1) Integral structure of evaporation crucible and flow distribution nozzle

European patent nos. BE1009321A6, BE1009317a61 disclose a crucible nozzle structure as in fig. 1, 2, respectively, in the structure of fig. 1, the upper part of the crucible 1 is provided with a cover 2, so that a nozzle structure is formed between the cover 2 and the furnace wall for direct injection of vaporized metal. In the structure of fig. 2, a filter plate 3 is added to the evaporation crucible, and then a slit nozzle at the top is used for the injection of the metal vapor. In the design process of the two device nozzles, one adopts a Laval nozzle structure, the other adopts a convergent nozzle, and the nozzle is sprayed laterally at one direction position and is sprayed vertically at the other direction position.

The related evaporating crucible and nozzle structure is also disclosed in the JPS59177370A, US4552092a patent, fig. 3 shows a crucible nozzle structure with automatic metal liquid replenishment, the nozzle 4 adopts a wider outlet, and a heater 5 is also arranged at the upper part of the crucible for heating steam and the like. In the structure of the crucible nozzle shown in fig. 4, the structure is unfolded by a side arc 6, the side spraying is performed, and a heating pipe 7 is also arranged on the outer side of the crucible wall for heating the wall surface.

2) Split structure of evaporation crucible and flow distribution nozzle

In patent WO2018/020311A1, a split type crucible nozzle structure is disclosed, as shown in fig. 5, in which a crucible is connected at the bottom with a molten metal supply tank 8, the upper part of which sends metal vapor to a tubular distributor and a front-end vapor nozzle through a split type pipe 9, and then the metal vapor is sprayed to a metal plate through the nozzle at a high speed.

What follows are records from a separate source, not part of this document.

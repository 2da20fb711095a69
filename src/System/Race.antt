-- ===== src/System/Race.antt =====
-- A PUT over an expired entry, and the goroutine that its lookup starts.
use open_blocklist.Base.{
  ℕ, Bytes, none, some, true, false, [], ◌∷◌, ◌++◌, str_eq_refl, ◌≡◌, refl, ap, ◌∙◌, arith,
}
use open_blocklist.Base.Int.{ℤ}
use open_blocklist.Base.Dict.{lookup, lookup-delete}
use open_blocklist.State.{App, BlockEntry, Go, expire_ip, is_expired, leave_write}
use open_blocklist.IpTable.{delete_keys, forget_ip, delete_expired_ip, ip_table_lookup, fresh_entry}
use open_blocklist.Query.{Outcome, ok, fail, Fields, read_fields, default_fields}
use open_blocklist.Http.{Request}
use open_blocklist.Write.{finish_put, put_parsed, handle_put, count_put, first_seen_of}
use open_blocklist.System.{run_task}

module _ (go : Go) (t : ℕ → ℤ) where
  -- The rest of a PUT starts no goroutine and keeps the mode.
  finish_put-tasks :
      (ipstr ip : Bytes) (first_seen : ℤ) (app : App) (o : Outcome Fields)
      → ((finish_put go ipstr ip first_seen app o).0.tasks ≡ app.tasks)
        × ((finish_put go ipstr ip first_seen app o).0.multi_instance ≡ app.multi_instance)
  unfolding finish_put
  finish_put-tasks ipstr ip first_seen app (fail m) =
      (unfold leave_write in refl, unfold leave_write in refl)
  finish_put-tasks ipstr ip first_seen app (ok f) = (ground arith, ground arith)

  lookup-expired :
      (now : ℤ) (ip : Bytes) (old : BlockEntry) (app : App)
      → lookup ip app.ip_table ≡ some old
      → is_expired old.expiration now ≡ true
      → ((ip_table_lookup now ip app).0.tasks ≡ app.tasks ++ expire_ip ip ∷ [])
        × ((ip_table_lookup now ip app).0.multi_instance ≡ app.multi_instance)
  unfolding ip_table_lookup fresh_entry
  lookup-expired now ip old app found over = rw (found, over) (refl, refl)

  put_parsed-expired :
      (r : Request) (ip : Bytes) (old : BlockEntry) (app : App)
      → lookup r.ip app.ip_table ≡ some old
      → is_expired old.expiration (t 1) ≡ true
      → ((put_parsed go t r app (some ip)).0.tasks ≡ app.tasks ++ expire_ip r.ip ∷ [])
        × ((put_parsed go t r app (some ip)).0.multi_instance ≡ app.multi_instance)
  unfolding put_parsed
  put_parsed-expired r ip old app found over =
      let (app', existing) = ip_table_lookup (t 1) r.ip app in
      let (tasks, mode) = lookup-expired (t 1) r.ip old app found over in
      let (tasks', mode') =
        finish_put-tasks r.ip ip (first_seen_of (t 0) existing) app'
          (read_fields go (t 0) r (default_fields (t 0))) in
      (tasks' ∙ tasks, mode' ∙ mode)

  delete_expired_ip-gone :
      (ipstr ip : Bytes) (app : App)
      → go.parse_ip ipstr ≡ some ip
      → app.multi_instance ≡ false
      → lookup ipstr (delete_expired_ip go ipstr app).ip_table ≡ none
  unfolding delete_expired_ip forget_ip delete_keys
  delete_expired_ip-gone ipstr ip app parsed single =
      ground (arith, parsed, single, lookup-delete ipstr ipstr app.ip_table, str_eq_refl ipstr)

  -- A PUT on an address whose entry in the table has expired starts the goroutine that deletes the
  -- address, and where that goroutine runs after the PUT in single-instance mode, the address is not
  -- in the table any more: the block that the PUT made is lost.
  pub put_over_expired_lost :
      (r : Request) (ip : Bytes) (old : BlockEntry) (app : App)
      → go.parse_ip r.ip ≡ some ip
      → lookup r.ip app.ip_table ≡ some old
      → is_expired old.expiration (t 1) ≡ true
      → app.multi_instance ≡ false
      → ((handle_put go t r app).0.tasks ≡ app.tasks ++ expire_ip r.ip ∷ [])
        × (lookup r.ip (run_task go (expire_ip r.ip) (handle_put go t r app).0).ip_table ≡ none)
  unfolding handle_put run_task
  put_over_expired_lost r ip old app parsed found over single =
      let (tasks, mode) = put_parsed-expired r ip old (count_put app) found over in
      let same : put_parsed go t r (count_put app) (go.parse_ip r.ip)
          ≡ put_parsed go t r (count_put app) (some ip) =
        ap (put_parsed go t r (count_put app)) parsed in
      (
        ap (λ x. x.0.tasks) same ∙ tasks,
        delete_expired_ip-gone r.ip ip _ parsed (ap (λ x. x.0.multi_instance) same ∙ mode ∙ single),
      )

In patent CN103249860a, a split type distributor and nozzle structure is disclosed, as shown in fig. 6, steam is sent into an upper horizontal pipe 10 through a pipe, and a porous nozzle is provided at the top of the horizontal pipe 10 to uniformly spray the metal steam on the surface of the metal plate.

In patent CN101175866a, a metal vapor flow distributor and a nozzle form are disclosed, as shown in fig. 7, the cross-section form of the nozzle is shown, wires are wound on the outside of a pipe 11 of the flow distributor to heat the pipe, the nozzle part is a square shell, as shown in fig. 8, an annular pipe made of another material is nested inside the square shell 12, the annular pipe is used for spraying metal vapor, and a vapor outlet form used by the nozzle is porous.

These patents refer to the specific form of the nozzle during the coating process, but they do not show that the coating process using these nozzles can be performed to a uniform extent, and the uniformity of the coating on the surface of the steel sheet has a critical factor for the subsequent use processes such as bending and stamping.

Disclosure of Invention

Aiming at the defects in the prior art, the invention aims to provide a vacuum coating device for uniformly distributing metal vapor by adopting a mandrel heating structure, wherein the mandrel heating structure is utilized to uniformly distribute the metal vapor, a stabilizing plate is utilized to secondarily distribute the metal vapor, the metal vapor is sprayed out from a coating nozzle, and finally, a uniform coating is formed on the surface of a steel plate.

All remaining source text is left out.